Anthropic reicht IPO-Unterlagen ein, doch der immense Energiehunger der KI-Modelle stellt die hohe Bewertung von einer Billion Dollar infrage.

Die wichtigsten Punkte im Überblick

  • Vertraulicher SEC-Antrag für Börsengang eingereicht
  • Bewertung von knapp einer Billion Dollar angestrebt
  • Energiebedarf der KI-Systeme als kritischer Faktor
  • IPO-Start für Herbst 2026 erwartet

Anthropic hat den nächsten Schritt in Richtung Börsengang gemacht. Der Claude-Entwickler reichte am Montag vertrauliche Unterlagen bei der US-Börsenaufsicht SEC ein — ein Signal, das Insider bereits als Auftakt für einen möglichen IPO im Herbst 2026 werten.

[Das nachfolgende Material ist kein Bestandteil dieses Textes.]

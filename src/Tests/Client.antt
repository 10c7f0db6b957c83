-- ===== src/Tests/Client.antt =====
-- Runs of a node's client over a network that is up, or that takes nothing at times.
use servers.Base.{
  All, ◌<◌, ap, sym, subst, length, arith, ℕ, ◌≡◌, refl, Bool, true, false, List, [], ◌∷◌, ◌++◌,
  Option, none, some, Text, codes, any, ok, err, ◌==◌, if◌then◌else◌, not, is_empty, eqt, be32,
}
use servers.Tunnel.Message.{RendezvousMsg}
use servers.Signal.Proto.{Codec, Decodes, short_read, read_frame, read_body}
use servers.Tunnel.Client.{
  Network, IsanndClient, HeartbeatPing, Action, new_client, bare_msg, encode_frame, write_bytes,
  write_on, dial_and_hello, mark_conn_dead, ensure_conn, claim, send_on, write_msg, connect,
  ping_frame, send_heartbeat, send_frame, close, receive, act, act_all, connected, beat, framed,
  received, dropped,
}
use servers.Tunnel.Client.Identity.{frames, IsFaithful}
use servers.Tunnel.Client.Received.{act_all-Reads}
use servers.Tunnel.Client.Stream.{Reads, sent_on}
use servers.Tunnel.Client.Faithful.{act_all-IsFaithful}
use servers.Tunnel.Client.Wanted.{is_need, send_heartbeat_reports}
use servers.Tunnel.Client.Delivery.{IsUp, channel, preamble, write_msg_delivers}

abbrev kinds : Codec
kinds = record {
  marshal = λ msg. some msg.kind;
  unmarshal = λ json. some (bare_msg json (codes "P:1") (codes "provider"));
}

abbrev up : Network
up = record { answers = λ n. true; takes = λ n bytes. length bytes; codec = kinds }

-- Of the ping, which is the fifth attempt, one byte goes out.
abbrev shaky : Network
shaky = record {
  answers = λ n. true;
  takes = λ n bytes. if n == 4 then 1 else length bytes;
  codec = kinds;
}

abbrev ping : HeartbeatPing
ping = record { node_id = codes "P:1"; role = codes "provider"; timestamp_ms = 7; signature = [] }

abbrev asks : Action
asks = received (bare_msg (codes "need_register") [] [])

abbrev some_actions : List Action
some_actions =
    connected (codes "P:1") (codes "provider")
    ∷ asks
    ∷ beat (some ping)
    ∷ framed (some (bare_msg (codes "register") (codes "P:2") (codes "provider")))
    ∷ framed (some (bare_msg (codes "register") (codes "P:1") (codes "provider")))
    ∷ []

act_all-IsFaithful_example :
    IsFaithful
      (act_all shaky new_client some_actions).hello_id
      (frames 5 (act_all shaky new_client some_actions).wire)
act_all-IsFaithful_example = act_all-IsFaithful shaky some_actions 5

-- The ping is lost with its connection, the frame of another node is refused, and the last frame goes
-- out behind a second hello.
second_connection :
    frames 5 (act_all shaky new_client some_actions).wire
    ≡ bare_msg (codes "hello") (codes "P:1") (codes "provider")
      ∷ bare_msg (codes "register") (codes "P:1") (codes "provider")
      ∷ []
unfolding act_all frames act send_frame is_empty bare_msg write_msg claim send_heartbeat receive eqt
    connect dial_and_hello write_on encode_frame write_bytes ping_frame send_on ensure_conn be32
    close mark_conn_dead
second_connection = refl

abbrev joined : IsanndClient
joined = act up new_client (connected (codes "P:1") (codes "provider"))

abbrev quiet_actions : List Action
quiet_actions = asks ∷ dropped 0 ∷ []

send_heartbeat_reports_example :
    (any is_need quiet_actions ≡ any is_need quiet_actions)
    × ((send_heartbeat up (some ping) (act_all up joined quiet_actions)).0.need_register ≡ false)
unfolding act_all act send_frame is_empty bare_msg write_msg claim send_heartbeat receive eqt
    connect dial_and_hello write_on encode_frame write_bytes ping_frame send_on ensure_conn be32
    close mark_conn_dead
send_heartbeat_reports_example =
    send_heartbeat_reports up joined
      (send_heartbeat up (some ping) (act_all up joined quiet_actions)).0 quiet_actions (some ping)
      true refl tt refl

network-IsUp : IsUp up
network-IsUp = record { answered = λ n. refl; taken = λ n bytes. omega arith }

abbrev ready : RendezvousMsg
ready = bare_msg (codes "service_event") (codes "P:1") (codes "provider")

-- A client that was closed dials again for the next frame.
write_msg_delivers_example :
    ((write_msg up ready (close joined)).1 ≡ ok tt)
    × ((write_msg up ready (close joined)).0.conn ≡ some (channel (close joined)))
    × ((write_msg up ready (close joined)).0.wire
        ≡ (close joined).wire
          ++ (preamble (close joined) ++ ((channel (close joined), ready) ∷ [])))
unfolding close encode_frame write_bytes bare_msg servers.Base.is_empty act connect dial_and_hello
    write_on be32
write_msg_delivers_example =
    write_msg_delivers up ready (close joined) network-IsUp (_, refl) (_, refl) refl refl

reopened :
    ((write_msg up ready (close joined)).0.closed ≡ true)
    × ((write_msg up ready (close joined)).0.conn ≡ some 3)
unfolding close write_msg claim servers.Base.is_empty act connect dial_and_hello write_on
    encode_frame write_bytes bare_msg servers.Base.eqt send_on ensure_conn be32
reopened = (refl, refl)

kinds-Decodes :
    (kind : Text) → 0 < length kind → Decodes kinds (bare_msg kind (codes "P:1") (codes "provider"))
unfolding bare_msg
kinds-Decodes kind filled = record {
  filled = λ json h. subst (λ s. 0 < length s) (some-inj json h) filled;
  decoded = λ json h.
      ap (λ s. some (bare_msg s (codes "P:1") (codes "provider"))) (sym (some-inj json h));
}
  where
    some-inj : (json : Text) → some kind ≡ some json → kind ≡ json
    some-inj json h = ground arith

act_all-Reads_example :
    Reads kinds
      (sent_on 5 (act_all shaky new_client some_actions).sent)
      (frames 5 (act_all shaky new_client some_actions).wire)
act_all-Reads_example = act_all-Reads shaky some_actions 5 (
    subst (All (Decodes kinds)) (sym second_connection) (
      kinds-Decodes (codes "hello") (omega arith),
      (kinds-Decodes (codes "register") (omega arith), tt),
    ))

-- The first connection ends within the ping.
cut_off :
    (read_frame kinds (sent_on 0 (act_all shaky new_client some_actions).sent)
      ≡ ok (bare_msg (codes "hello") (codes "P:1") (codes "provider"), be32 4 ++ codes "p"))
    × (read_frame kinds (be32 4 ++ codes "p") ≡ err short_read)
unfolding act_all sent_on act send_frame is_empty bare_msg write_msg claim send_heartbeat receive
    eqt connect dial_and_hello write_on encode_frame write_bytes ping_frame send_on ensure_conn be32
    close mark_conn_dead read_frame read_body servers.Base.read_be32
cut_off = (refl, refl)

Der Schritt kommt früh. Rivale OpenAI hat seinen eigenen Börsengang noch nicht angestoßen, Anthropic prescht vor. Die zuletzt bekannte Bewertung liegt bei knapp einer Billion Dollar, gestützt durch eine Finanzierungsrunde von 65 Milliarden Dollar. Der jährliche Umsatz soll inzwischen eine Rate von 47 Milliarden Dollar erreicht haben — ein rapider Anstieg gegenüber rund 9 Milliarden Dollar Ende 2025.

Wachstum braucht Strom

Hinter den beeindruckenden Wachstumszahlen lauert eine strukturelle Herausforderung, die Anthropic mit der gesamten KI-Branche teilt: Rechenleistung braucht Energie, und zwar in einem Tempo, das die bestehende Strominfrastruktur überfordert. Allein in Virginia — dem globalen Zentrum für Rechenzentren — sollen bis zu 27 Gigawatt an Diesel-Backup-Kapazität eingesetzt werden, um den aktuellen Bedarf zu decken. Das entspricht der Leistung von 27 großen Kernkraftwerken.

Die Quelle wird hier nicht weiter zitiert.